Police during Sydney's COVID-19 crackdown (Image: AAP/Bianca De Marchi)

It’s hard to imagine now, but just over a week ago Sydney’s outbreak seemed to have plateaued. Most cases were not infectious in the community. The lockdown seemed to be reining-in the Bondi cluster’s spread.

But while health authorities looked the wrong way, the Bondi cluster moved west. By the middle of last week, it had seeded around Fairfield and Bankstown, working-class areas with large migrant populations. Suddenly, like Dan Andrews a year earlier, Premier Gladys Berejiklian was warning about large family gatherings. Like Andrews, whose lockdown of nine public housing blocks breached residents’ human rights, Berejiklian sent police to blitz south-west Sydney. 

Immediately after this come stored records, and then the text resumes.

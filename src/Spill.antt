-- ===== src/Spill.antt =====
-- ForgeANN/src/forgeann/spill_hashprune.rs: candidate edges that wait outside the reservoirs. Here the
-- records in which they wait; Spill.Memory has the sink that keeps them in memory, Spill.Reduce the
-- reducer that feeds them to the reservoirs, and Spill.InMemory both together.
pub mod Memory
pub mod Reduce
pub mod InMemory
pub mod Parts
pub mod Runs
pub mod Disk
pub mod Tests
use forge_ann.Prelude.{ℕ, ◌%◌, ◌^◌, Bool, not, leb, ◌==◌, if◌then◌else◌}
use forge_ann.Prelude.Results.{Result, ok, err}

pub record PendingEdge : Type 0 where
  pub p : ℕ
  pub c : ℕ
  pub hash : ℕ
  pub dist : ℕ
  pub mandatory : Bool
  pub local_rank : ℕ
  pub flags : ℕ

abbrev pub pending_edge_direct : ℕ
pending_edge_direct = 1

abbrev pub spill_flag_mandatory : ℕ
spill_flag_mandatory = 1

pub record SpillRecord : Type 0 where
  pub src : ℕ
  pub dst : ℕ
  pub hash : ℕ
  pub flags : ℕ
  pub dist : ℕ

-- `panicked` is an index out of range of the source; `unfinished` an exhausted loop of the model.
pub data SpillError : Type 0 where
  source_too_large outside_points outside_shard outside_range out_of_order : SpillError
  partial_record missing_part unexpected_eof panicked unfinished : SpillError

pub from_pending_edge : PendingEdge → Result SpillError SpillRecord
from_pending_edge edge =
    if leb (2 ^ 32) edge.p
    then err source_too_large
    else ok (record {
      src = edge.p;
      dst = edge.c;
      hash = edge.hash;
      flags = if edge.mandatory then spill_flag_mandatory else 0;
      dist = edge.dist;
    })

-- The flag is the lowest bit.
pub to_pending_edge : SpillRecord → PendingEdge
to_pending_edge r = record {
  p = r.src;
  c = r.dst;
  hash = r.hash;
  dist = r.dist;
  mandatory = not (r.flags % 2 == 0);
  local_rank = 1;
  flags = pending_edge_direct;
}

As Bondi residents swanned on the beach and sipped their takeaway cocktails, people in the south-west were having their shopping checked by police to make sure they were out for essentials. Yesterday, NSW Treasurer Dominic Perrottet was forced to apologise to Fairfield residents. The government had abruptly announced anyone leaving the area for essential work had to get tested every three days, and by morning, queues at drive-through clinics stretched for kilometres.

Why the west suffered

It’s not surprising this outbreak got worse when it spread to the south-west. People in the Fairfield LGA are more likely to be employed in jobs where it is impossible to work from home than their counterparts in the affluent eastern suburbs. Most households speak languages other than English, and the messaging from white health experts, great for people who spend too much time on Twitter or religiously tune in to 11am pressers, tends not to stick.

Telling people to stay at home doesn’t work quite so easily when you need to rock up to your shift to earn a paycheque. And telling people not to visit grandma is poor advice when, as is the case in many non-white families, grandma lives upstairs. By the time NSW needed to tailor its messaging, turning to volunteer translators and community leaders just like Victoria had to last year, it was too late. 

“I think we could have done better messaging,” Chief Health Officer Kerry Chant said yesterday at a conference for multicultural media.

NSW Health’s most recent epidemiological report shows how badly authorities missed what was going on out west. In the week the lockdown was introduced, there were 105.44 tests per 1000 people in South Eastern Sydney, compared to 31.66 per 1000 in South Western Sydney. In the Fairfield Local Government Area, that proportion was 18.30 per thousand, compared with 304.27 in Waverley LGA. At the time, most cases were in the east, where the government briefly introduced a local lockdown. But low testing numbers meant NSW Health was missing chains of transmission on the other side of town. 

It’s not surprising this is an area that was missed. Sydney’s media and political establishment, clustered in the inner city, east and north shore, wrinkle their noses at heading west. And it’s not surprising that when the cases started appearing, the response was to send out the cops in a big show of force. This is the part of the city where police once set up a Middle Eastern Organised Crime Squad, after all.

Fairfield Mayor Frank Carbone has hit out at the way people in his suburb had been mistreated. 

“This isn’t a crime emergency, this is a medical emergency. I think that people should be treated with respect and I think it doesn’t happen out here in Western Sydney,” he said.

The wrong lessons learned?

When Sydney returns to normal, everyone will find a cautionary tale in the outbreak. For critics of NSW Health’s lockdown-averse approach, which has successfully managed big outbreaks while preserving residents’ freedom, it will be grim vindication. Had Sydney gone harder earlier, things would perhaps look different now. But like the boy who cried wolf, their warnings were ignored.

But there are two more important lessons, critically intertwined, which Sydney should take away instead. The first one is about luck. Sure, Sydney handled previous outbreaks well, through beefed-up testing and finely tuned contact tracing. But one of its biggest was in the Northern Beaches, literally called the insular peninsula. Probably the only part of any Australian city where a localised lockdown could work. Melbourne, comparatively, got extremely unlucky last year, when its outbreaks started seeding in the wrong places. Sometimes, whether an infected person becomes a superspreader is quite simply a matter of chance.

Luck is only part of the picture. The rest is about how, 18 months in, health authorities still sometimes overlook how the virus intersects with race and class inequalities. It’s why kneejerk calls for more policing, harder lockdowns and curfews — pushed by many a media-hungry alarmist pundit — would be the wrong takeaway here. Firstly because such force is always applied unevenly. But also because it’s unclear how flooding shopping centres with cops will have much impact when most transmission is happening in households (there has been one single case of transmission in a shop, zero outside). 

People in Fairfield aren’t stupid. They see the hypocrisy of police helicopters which never flew over Bondi, circling their neighbourhoods. More over-policing will further marginalise these communities, and could further reinforce distrust of health authorities, shattering any sense of “all in this together”. And that only makes the next outbreak harder to stop.